Да, его сейчас слушают, но какая разница. За зеркальной стеной сидят люди, которых он едва знает. По видеосвязи на него смотрят двое незнакомых ему людей. Плюс Лассе, которому и так все про него известно. Лассе знает даже, почему он взял фамилию Мартинсон и относительно нейтральное имя Луве – Love.
Луве взял в руки снимок из серии “Маршрут товарного поезда”: изображение железнодорожных путей на станции Лудвика, где поезд простоял больше часа, прежде чем его направили в Стокгольм.
– Я много раз бывал здесь, – сказал Луве. – У родителей был участок в нескольких милях севернее Лудвики. Станция почти не изменилась.
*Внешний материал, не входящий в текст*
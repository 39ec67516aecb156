-- ===== src/IdempotencyKeys/Tests.antt =====
-- Keys at concrete inputs.
use world_infra.Prelude.{◌≡◌, refl, [], ◌∷◌, ok, List}
use world_infra.Text.{
  Text, codes, trim, trim_start, is_control, is_whitespace, is_ascii_alphanumeric,
}
use world_infra.Text.Scan.{join}
use world_infra.Text.Label.{validated}
use world_infra.WorldIdentity.{WorldRef, IncarnationId}
use world_infra.IdempotencyKeys.{
  KeySegment, IdempotencyKey, KeyBuilder, is_none, new_key_segment, from_segments, parse_new_key,
}
use world_infra.IdempotencyKeys.Segments.{IsSegment}
use world_infra.IdempotencyKeys.Keys.{parse_new_key-from_segments}

abbrev segments : List KeySegment
segments = record { value = codes "world" } ∷ record { value = codes "w-1" } ∷ []

abbrev key : IdempotencyKey
key = record { value = codes "world:w-1" }

parse_new_key-from_segments_example : parse_new_key (codes "world:w-1") ≡ ok key
unfolding from_segments is_none join IsSegment new_key_segment validated trim trim_start is_control
    is_whitespace is_ascii_alphanumeric
parse_new_key-from_segments_example =
    parse_new_key-from_segments segments key (refl, (refl, tt)) refl

abbrev as_text : Text → Text
as_text t = t

abbrev left : WorldRef Text (IncarnationId Text)
left = record { world_id = codes "w1"; incarnation = record { id = codes "i2" } }

abbrev right : WorldRef Text (IncarnationId Text)
right = record { world_id = codes " w1"; incarnation = record { id = codes "i2 " } }

abbrev both : KeyBuilder
both = record {
  segments =
      record { value = codes "world" }
      ∷ record { value = codes "w1" }
      ∷ record { value = codes "incarnation" }
      ∷ record { value = codes "i2" }
      ∷ [];
}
Воспоминания о детстве могли не только причинять боль. Как хорошо было сбежать из дому, добраться до самой Лудвики или Бурлэнге…
– Однажды я автостопом доехал до Лудвики и сел на поезд до Стокгольма… Отец чуть не лопнул от злости.
Затем Луве снова взял в руки портрет королевской четы.
– Когда я был в твоем возрасте, я купил открытку с портретом короля и королевы Сильвии. Примерно такую же, как эта. Написал пару слов и отправил открытку родителям.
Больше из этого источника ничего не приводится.